Aim of the exercise
The word "number" occurs in some lines of the data. Return each such line.
***** Supplied records
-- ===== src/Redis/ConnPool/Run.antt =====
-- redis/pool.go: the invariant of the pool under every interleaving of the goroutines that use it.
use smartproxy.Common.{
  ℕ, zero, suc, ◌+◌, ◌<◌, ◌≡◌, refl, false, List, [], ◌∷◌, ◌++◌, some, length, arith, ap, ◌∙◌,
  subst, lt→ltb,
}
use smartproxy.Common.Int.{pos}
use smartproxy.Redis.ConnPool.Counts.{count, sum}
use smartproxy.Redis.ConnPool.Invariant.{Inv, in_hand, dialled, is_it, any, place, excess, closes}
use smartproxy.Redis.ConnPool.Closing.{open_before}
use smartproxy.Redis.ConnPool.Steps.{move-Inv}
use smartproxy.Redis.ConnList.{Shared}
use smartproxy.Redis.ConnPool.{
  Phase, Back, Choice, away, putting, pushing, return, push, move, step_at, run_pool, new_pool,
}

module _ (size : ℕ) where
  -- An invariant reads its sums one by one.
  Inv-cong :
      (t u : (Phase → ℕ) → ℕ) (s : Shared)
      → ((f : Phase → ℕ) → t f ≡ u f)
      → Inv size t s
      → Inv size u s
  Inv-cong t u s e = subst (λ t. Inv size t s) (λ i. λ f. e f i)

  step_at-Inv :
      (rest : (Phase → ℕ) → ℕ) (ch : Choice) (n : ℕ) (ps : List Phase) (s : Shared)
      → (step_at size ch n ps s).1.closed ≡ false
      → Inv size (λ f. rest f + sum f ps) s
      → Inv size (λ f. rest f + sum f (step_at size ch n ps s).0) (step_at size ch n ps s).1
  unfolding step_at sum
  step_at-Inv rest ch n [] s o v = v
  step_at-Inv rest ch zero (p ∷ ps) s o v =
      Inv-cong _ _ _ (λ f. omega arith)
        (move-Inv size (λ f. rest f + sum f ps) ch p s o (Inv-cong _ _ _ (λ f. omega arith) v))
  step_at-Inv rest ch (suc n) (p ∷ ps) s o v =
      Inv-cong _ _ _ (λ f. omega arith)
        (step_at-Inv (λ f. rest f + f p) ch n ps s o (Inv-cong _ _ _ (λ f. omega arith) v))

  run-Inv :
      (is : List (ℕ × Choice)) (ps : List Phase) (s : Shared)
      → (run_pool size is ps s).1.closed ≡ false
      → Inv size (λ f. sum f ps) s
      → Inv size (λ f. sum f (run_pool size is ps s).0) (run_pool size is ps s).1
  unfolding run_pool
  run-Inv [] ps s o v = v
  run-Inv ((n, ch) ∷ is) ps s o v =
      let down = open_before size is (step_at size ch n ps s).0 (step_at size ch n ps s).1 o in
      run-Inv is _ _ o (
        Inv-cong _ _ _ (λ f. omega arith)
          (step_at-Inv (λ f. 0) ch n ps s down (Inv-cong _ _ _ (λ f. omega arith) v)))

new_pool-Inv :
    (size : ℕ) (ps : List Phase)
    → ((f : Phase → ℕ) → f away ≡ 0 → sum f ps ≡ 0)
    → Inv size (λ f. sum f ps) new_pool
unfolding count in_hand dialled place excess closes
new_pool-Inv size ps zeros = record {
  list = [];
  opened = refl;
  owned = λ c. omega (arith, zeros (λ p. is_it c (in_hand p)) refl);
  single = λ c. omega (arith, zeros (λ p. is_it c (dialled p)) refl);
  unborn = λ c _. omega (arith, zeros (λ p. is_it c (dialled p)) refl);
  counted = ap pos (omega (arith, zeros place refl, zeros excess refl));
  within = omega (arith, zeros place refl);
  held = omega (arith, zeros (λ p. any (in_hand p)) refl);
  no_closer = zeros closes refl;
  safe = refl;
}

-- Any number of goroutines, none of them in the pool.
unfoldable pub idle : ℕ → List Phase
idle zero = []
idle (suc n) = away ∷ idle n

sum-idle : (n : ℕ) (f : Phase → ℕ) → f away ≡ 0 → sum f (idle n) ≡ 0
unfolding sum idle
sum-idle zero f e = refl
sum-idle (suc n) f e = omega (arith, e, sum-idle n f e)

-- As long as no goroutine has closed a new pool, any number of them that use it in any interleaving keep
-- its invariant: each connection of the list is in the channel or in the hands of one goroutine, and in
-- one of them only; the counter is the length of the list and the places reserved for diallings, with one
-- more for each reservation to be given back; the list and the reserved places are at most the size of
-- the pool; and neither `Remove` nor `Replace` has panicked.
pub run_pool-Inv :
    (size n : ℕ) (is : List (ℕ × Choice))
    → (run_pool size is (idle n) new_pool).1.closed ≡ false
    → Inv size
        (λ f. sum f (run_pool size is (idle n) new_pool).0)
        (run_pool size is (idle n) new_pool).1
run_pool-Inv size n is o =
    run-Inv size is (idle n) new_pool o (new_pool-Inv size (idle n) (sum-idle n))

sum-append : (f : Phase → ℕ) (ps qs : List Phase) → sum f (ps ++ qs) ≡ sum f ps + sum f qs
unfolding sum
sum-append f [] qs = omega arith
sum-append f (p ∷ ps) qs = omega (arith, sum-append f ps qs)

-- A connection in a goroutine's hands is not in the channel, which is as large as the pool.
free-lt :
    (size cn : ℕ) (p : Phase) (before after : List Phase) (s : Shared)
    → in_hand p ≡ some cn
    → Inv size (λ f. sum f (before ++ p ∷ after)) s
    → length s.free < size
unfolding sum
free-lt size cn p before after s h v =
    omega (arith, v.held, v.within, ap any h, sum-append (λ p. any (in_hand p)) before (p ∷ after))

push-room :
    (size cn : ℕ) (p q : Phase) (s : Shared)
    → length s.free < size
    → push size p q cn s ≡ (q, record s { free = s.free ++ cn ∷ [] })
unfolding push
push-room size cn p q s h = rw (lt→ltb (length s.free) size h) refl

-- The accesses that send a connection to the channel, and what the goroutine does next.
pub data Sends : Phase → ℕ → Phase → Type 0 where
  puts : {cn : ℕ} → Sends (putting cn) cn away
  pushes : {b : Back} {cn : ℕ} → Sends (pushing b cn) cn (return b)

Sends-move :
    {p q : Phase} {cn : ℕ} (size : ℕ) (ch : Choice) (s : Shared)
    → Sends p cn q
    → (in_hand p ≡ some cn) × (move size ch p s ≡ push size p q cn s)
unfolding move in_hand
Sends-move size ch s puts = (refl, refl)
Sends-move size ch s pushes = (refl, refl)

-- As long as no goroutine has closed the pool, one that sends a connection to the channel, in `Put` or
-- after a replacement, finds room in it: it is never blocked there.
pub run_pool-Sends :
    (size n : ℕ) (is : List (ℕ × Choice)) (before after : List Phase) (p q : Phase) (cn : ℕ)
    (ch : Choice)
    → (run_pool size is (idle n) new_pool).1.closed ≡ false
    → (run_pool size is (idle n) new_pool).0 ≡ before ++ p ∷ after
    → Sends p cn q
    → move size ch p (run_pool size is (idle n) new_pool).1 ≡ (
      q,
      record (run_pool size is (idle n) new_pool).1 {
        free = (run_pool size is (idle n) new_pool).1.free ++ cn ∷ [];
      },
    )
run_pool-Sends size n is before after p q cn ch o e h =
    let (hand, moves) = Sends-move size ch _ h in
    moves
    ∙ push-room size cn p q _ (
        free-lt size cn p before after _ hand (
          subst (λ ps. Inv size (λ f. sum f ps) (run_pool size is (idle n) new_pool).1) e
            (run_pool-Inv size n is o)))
**********
Response to this task
-- Any number of goroutines, none of them in the pool.
-- As long as no goroutine has closed a new pool, any number of them that use it in any interleaving keep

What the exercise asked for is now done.